P.S. light bulbs work perfectly in the same socket, i already tested that. running it without a stat makes no difference.


----------



## Mitchellz (Apr 26, 2009)

i use a 50 W for a 10 gallon tank for my leo and its hot...That's weird....


----------



## Jim2109 (Mar 30, 2009)

ive been searching through old posts, this ceramic is definitely not right. it should be MUCH hotter. im going to have to take it back tomorrow and swap it i think. it costs almost as much in petrol as it does to buy another ceramic though lol


----------



## suez (Jul 8, 2007)

Jim2109 said:


> ive been searching through old posts, this ceramic is definitely not right. it should be MUCH hotter. im going to have to take it back tomorrow and swap it i think. it costs almost as much in petrol as it does to buy another ceramic though lol


yep i would say def faulty if its not heating even without stat .250 should burn your hands off.


----------



## Jim2109 (Mar 30, 2009)

gonna have another play with it in the morning and try it out in a different socket, just to rule out every possible problem. if its not working then il take it back and swap it. pain in the ar5e, but i guess its one of those things


----------



## suez (Jul 8, 2007)

Jim2109 said:


> gonna have another play with it in the morning and try it out in a different socket, just to rule out every possible problem. if its not working then il take it back and swap it. pain in the ar5e, but i guess its one of those things


you need to make sure the holder is equiped to take the wattage of the bulb .you probs know that already.i think if it was the socket it wouldnt heat at all.


----------



## Jim2109 (Mar 30, 2009)

sockets are ceramic with high temp mains cable (0.75mm, should be good for well over 1kW so that isnt an issue)
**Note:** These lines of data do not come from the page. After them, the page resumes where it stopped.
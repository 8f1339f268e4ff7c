-- ===== src/SpscRing/Returns.antt =====
-- What a successful call of include/ratehub/spsc_ring.hpp has done to the waiting values.
use ratehub.Prelude.{ℕ, ◌≡◌, true, [], ◌∷◌, ◌++◌, arith}
use ratehub.SpscRing.{SpscRing, try_push, try_pop}
use ratehub.SpscRing.Queue.{enqueue, dequeue}
use ratehub.SpscRing.Refine.{IsRing, contents, try_push-refines, try_pop-refines}

module _ {A : Type 0} (k : ℕ) (blank : A) (r : SpscRing A) (v : IsRing k r) where
  pub try_push_stored :
      (x : A)
      → (try_push k r x).0 ≡ true
      → contents k blank (try_push k r x).1 ≡ contents k blank r ++ (x ∷ [])
  unfolding enqueue
  try_push_stored x h = ground (arith, try_push-refines k blank r x v)

  pub try_pop_taken :
      (out : A)
      → (try_pop k blank r out).0 ≡ true
      → contents k blank r ≡ (try_pop k blank r out).1 ∷ contents k blank (try_pop k blank r out).2
  unfolding dequeue
  try_pop_taken out h = ground (arith, try_pop-refines k blank r out v)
the only possible problem aside from the ceramic bulb itself is either bad wiring, a dodgy bulb holder, or a dodgy fuse/plug. however a 100W spot bulb in the holder works absolutely perfectly and my wiring is generally pretty tidy so im not really doubting myself on that.

its got to be the bulb, i need sleep, so il test it again tomorrow and then get another. it wont be another Lucky Reptile one though thats for sure.
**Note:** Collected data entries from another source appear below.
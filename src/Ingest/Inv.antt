-- ===== src/Ingest/Inv.antt =====
-- What holds in every reachable state of the two threads of src/ingest.cpp.
use ratehub.Prelude.{ℕ, ◌^◌, ◌≤◌, ◌<◌, ◌≡◌, ◌≢◌, ◌⊎◌, refl, true, List, [], ◌++◌, arith}
use ratehub.Types.{blank_record}
use ratehub.BoundedQueue.Refine.{IsQueue, view, new_queue-IsQueue}
use ratehub.SpscRing.{empty_ring}
use ratehub.SpscRing.Refine.{IsRing, contents, empty_ring-IsRing}
use ratehub.Ingest.Records.{records_before, good_records, at_hand, in_work}
use ratehub.Ingest.{Source, Frames, State, start, blank_frame}

module _ (capacity k : ℕ) (file : List (List ℕ)) where
  abbrev pub items : State → List (List ℕ)
  items s = (view capacity blank_frame s.queue).items

  pub record Inv (s : State) : Type 0 where
    pub queue : IsQueue capacity s.queue
    pub ring : IsRing k s.ring
    pub order :
        good_records file
        ≡ s.sent
          ++ (s.dropped
              ++ in_work s.frames (
                  records_before
                    (items s)
                    (at_hand s.source (records_before s.skipped (good_records s.file)))))
    pub delivered : s.sent ≡ s.received ++ contents k blank_record s.ring
    pub closed : s.queue.closed ≡ true → s.source ≡ Source.ended
    pub skips : s.source ≢ Source.leaving → s.source ≢ Source.ended → s.skipped ≡ []
    pub drops : s.frames ≢ Frames.finished → s.dropped ≡ []
    pub kept : s.shutdown ≡ 0 → (s.dropped ≡ []) × (s.skipped ≡ [])
    pub read_all :
        s.shutdown ≡ 0 → (s.source ≡ Source.leaving) ⊎ (s.source ≡ Source.ended) → s.file ≡ []
    pub all_popped :
        s.shutdown ≡ 0 → s.frames ≡ Frames.finished → (s.source ≡ Source.ended) × (items s ≡ [])
    pub joined : s.ingest_done ≢ 0 → (s.source ≡ Source.ended) × (s.frames ≡ Frames.finished)

  pub start-Inv : 0 < capacity → 2 ≤ 2 ^ k → k < 32 → Inv (start capacity k file)
  unfolding at_hand in_work records_before good_records empty_ring
  start-Inv hc two word = record {
    queue = new_queue-IsQueue capacity blank_frame hc;
    ring = empty_ring-IsRing k blank_record two word;
    order = refl;
    delivered = refl;
    closed = λ c. cc;
    skips = λ a b. refl;
    drops = λ a. refl;
    kept = λ z. (refl, refl);
    read_all = λ z l. ground arith;
    all_popped = λ z e. cc;
    joined = λ d. absurd (d refl);
  }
as another quick question, how long do they generally take to get upto temperature in other peoples experience?


----------



## suez (Jul 8, 2007)

get very hot to touch within mins: victory:


----------



## Paulusworm (Jan 26, 2009)

Definately sounds like a faulty ceramic, especially if the fittings work fine with a different lamp fitted. 
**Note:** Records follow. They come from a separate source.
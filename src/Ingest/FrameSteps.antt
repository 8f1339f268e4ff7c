-- ===== src/Ingest/FrameSteps.antt =====
-- The steps of the frame thread of src/ingest.cpp keep the invariant.
use ratehub.Prelude.{
  ℕ, refl, sym, ap, ◌∙◌, subst, none, some, List, [], ◌∷◌, ◌++◌, append_assoc, arith,
}
use ratehub.Types.{blank_record}
use ratehub.BoundedQueue.Refine.{pop-IsQueue}
use ratehub.SpscRing.Refine.{contents, try_push-IsRing}
use ratehub.Ingest.Records.{
  records_before, good_records, record_of_ok, record_of_bad, at_hand, in_work,
}
use ratehub.BoundedQueue.Returns.{pop_taken, pop_ended, pop_ended_same}
use ratehub.SpscRing.Returns.{try_push_stored}
use ratehub.Ingest.{FrameStep, State, blank_frame}
use ratehub.Ingest.Inv.{Inv, items}

module _ (capacity k : ℕ) (file : List (List ℕ)) where
  pub frame-Inv :
      {s t : State} → FrameStep capacity k s t → Inv capacity k file s → Inv capacity k file t
  unfolding at_hand in_work records_before good_records
  frame-Inv {s} (FrameStep.pop_frame f q at h same) v =
      let (items_before, closed_after) = pop_taken capacity blank_frame s.queue v.queue f q h in
      subst (Inv capacity k file) (sym same) (record {
        queue = pop-IsQueue capacity blank_frame s.queue v.queue (some f) q h;
        ring = v.ring;
        order = v.order ∙ ap (λ m. s.sent ++ (s.dropped ++ m)) (rw (at, items_before) refl);
        delivered = v.delivered;
        closed = λ c. v.closed (sym closed_after ∙ c);
        skips = v.skips;
        drops = λ a. v.drops (λ x. cc (x, at));
        kept = v.kept;
        read_all = v.read_all;
        all_popped = λ z e. absurd (ground arith);
        joined = λ d. absurd (cc ((v.joined d).1, at));
      })
  frame-Inv {s} (FrameStep.pop_end q at h same) v =
      let (empty, was_closed) = pop_ended capacity blank_frame s.queue v.queue q h in
      subst (Inv capacity k file) (sym same) (record {
        queue = pop-IsQueue capacity blank_frame s.queue v.queue none q h;
        ring = v.ring;
        order =
            v.order
            ∙ ap (λ m. s.sent ++ (s.dropped ++ m))
                (rw (at, pop_ended_same capacity blank_frame s.queue v.queue q h) refl);
        delivered = v.delivered;
        closed = λ c. v.closed was_closed;
        skips = v.skips;
        drops = λ a. v.drops (λ x. cc (x, at));
        kept = v.kept;
        read_all = v.read_all;
        all_popped = λ z e. (
          v.closed was_closed,
          rw (pop_ended_same capacity blank_frame s.queue v.queue q h) empty,
        );
        joined = λ d. absurd (cc ((v.joined d).1, at));
      })
  frame-Inv {s} (FrameStep.bad_frame f at h same) v =
      subst (Inv capacity k file) (sym same) (record {
        queue = v.queue;
        ring = v.ring;
        order =
            v.order
            ∙ ap (λ m. s.sent ++ (s.dropped ++ m))
                (rw
                  (
                    at,
                    record_of_bad f
                        (records_before (items capacity k file s)
                          (at_hand s.source (records_before s.skipped (good_records s.file))))
                        h,
                  )
                  refl);
        delivered = v.delivered;
        closed = v.closed;
        skips = v.skips;
        drops = λ a. v.drops (λ x. cc (x, at));
        kept = v.kept;
        read_all = v.read_all;
        all_popped = λ z e. absurd (ground arith);
        joined = λ d. absurd (cc ((v.joined d).1, at));
      })
  frame-Inv {s} (FrameStep.good_frame f at h same) v =
      subst (Inv capacity k file) (sym same) (record {
        queue = v.queue;
        ring = v.ring;
        order =
            v.order
            ∙ ap (λ m. s.sent ++ (s.dropped ++ m))
                (rw
                  (
                    at,
                    record_of_ok f
                        (records_before (items capacity k file s)
                          (at_hand s.source (records_before s.skipped (good_records s.file))))
                        h,
                  )
                  refl);
        delivered = v.delivered;
        closed = v.closed;
        skips = v.skips;
        drops = λ a. v.drops (λ x. cc (x, at));
        kept = v.kept;
        read_all = v.read_all;
        all_popped = λ z e. absurd (ground arith);
        joined = λ d. absurd (cc ((v.joined d).1, at));
      })
  frame-Inv {s} (FrameStep.push_record r at h same) v =
      subst (Inv capacity k file) (sym same) (record {
        queue = v.queue;
        ring = try_push-IsRing k blank_record s.ring r v.ring;
        order =
            v.order
            ∙ rw (at, v.drops (λ x. cc (x, at)))
                (sym (
                  append_assoc s.sent (r ∷ []) (
                    records_before (items capacity k file s)
                      (at_hand s.source (records_before s.skipped (good_records s.file))))));
        delivered =
            ap (λ l. l ++ (r ∷ [])) v.delivered
            ∙ append_assoc s.received (contents k blank_record s.ring) (r ∷ [])
            ∙ ap (λ l. s.received ++ l) (sym (try_push_stored k blank_record s.ring v.ring r h));
        closed = v.closed;
        skips = v.skips;
        drops = λ a. v.drops (λ x. cc (x, at));
        kept = v.kept;
        read_all = v.read_all;
        all_popped = λ z e. absurd (ground arith);
        joined = λ d. absurd (cc ((v.joined d).1, at));
      })
  frame-Inv {s} (FrameStep.retry_record r at h z same) v = subst (Inv capacity k file) (sym same) v
  frame-Inv {s} (FrameStep.give_up r at h nz same) v =
      subst (Inv capacity k file) (sym same) (record {
        queue = v.queue;
        ring = v.ring;
        order = v.order ∙ rw (at, v.drops (λ x. cc (x, at))) refl;
        delivered = v.delivered;
        closed = v.closed;
        skips = v.skips;
        drops = λ a. absurd (a refl);
        kept = λ z. absurd (nz z);
        read_all = v.read_all;
        all_popped = λ z e. absurd (nz z);
        joined = λ d. absurd (cc ((v.joined d).1, at));
      })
My 100w gets way too hot to touch within minutes and the 3ft viv it's in gets up to temp quite quickly. Take it back because something definately isn't right with it.


----------



## Jim2109 (Mar 30, 2009)

tested it again and it doesnt get hot at all, literally doesnt change in temperature. the heat it had last night was just from its proximity to a spot bulb, it was absorbing the heat from that. it rattles as well, as if the element is blown. and when i got it the bag it should have been sealed in inside the box was already open, so i wonder if it hasnt been taken back once already and just put back on the shelf!

going to take it back in a minute and swap it for a different bulb, not going to trust another lucky reptile one unless they can demo it working for me in the store!


----------



## reptile boy (Apr 7, 2009)

*bulb*

i had a 150watt lucky reptile ceramic bulb is it yellow? if soo myn use 2 goo red hot burn ya finger off!!


----------



## Dan Bristow (Jan 12, 2008)

ensure the connectors inside the holder are bent out enough. the connectors on the lamps themselves can differ to the ones on lights bulbs so may not be getting a good contact.apart from that you can always put a multimeter on the ceramic and see what the resistance of the element is. should be a few hundred ohms. i had 3 which all blew on me in the same day!!all open circuit.replaced them and now they are fine.


----------



## fastbaz (Aug 12, 2007)

i have a 150 watt ceramic and that is too hot to touch runs really well on its pulse stat... so yours should be really hot in a couple of mins


----------



## Jim2109 (Mar 30, 2009)

replaced it with a new one of the same type. 350 degsC surface temp now, i think its working!! i think 250W was a touch overkill, 100W would have been a better idea. i need 250's for my new viv, so might get myself a 100W for this one and save the 250W for later, otherwise im going to end up with my basking lights switched off all the time to keep the temperatures in check because the ceramic is too efficient lol


----------



## Paulusworm (Jan 26, 2009)

Jim2109 said:


> replaced it with a new one of the same type. 350 degsC surface temp now, i think its working!! i think 250W was a touch overkill, 100W would have been a better idea. i need 250's for my new viv, so might get myself a 100W for this one and save the 250W for later, otherwise im going to end up with my basking lights switched off all the time to keep the temperatures in check because the ceramic is too efficient lol


Jim we're gonna have to change your user id to 'Goldilocks'. The first one was too cold, this one's too hot. Hopefully the next one will be just right :lol2:.

Glad to hear it's all sorted now :2thumb:.


----------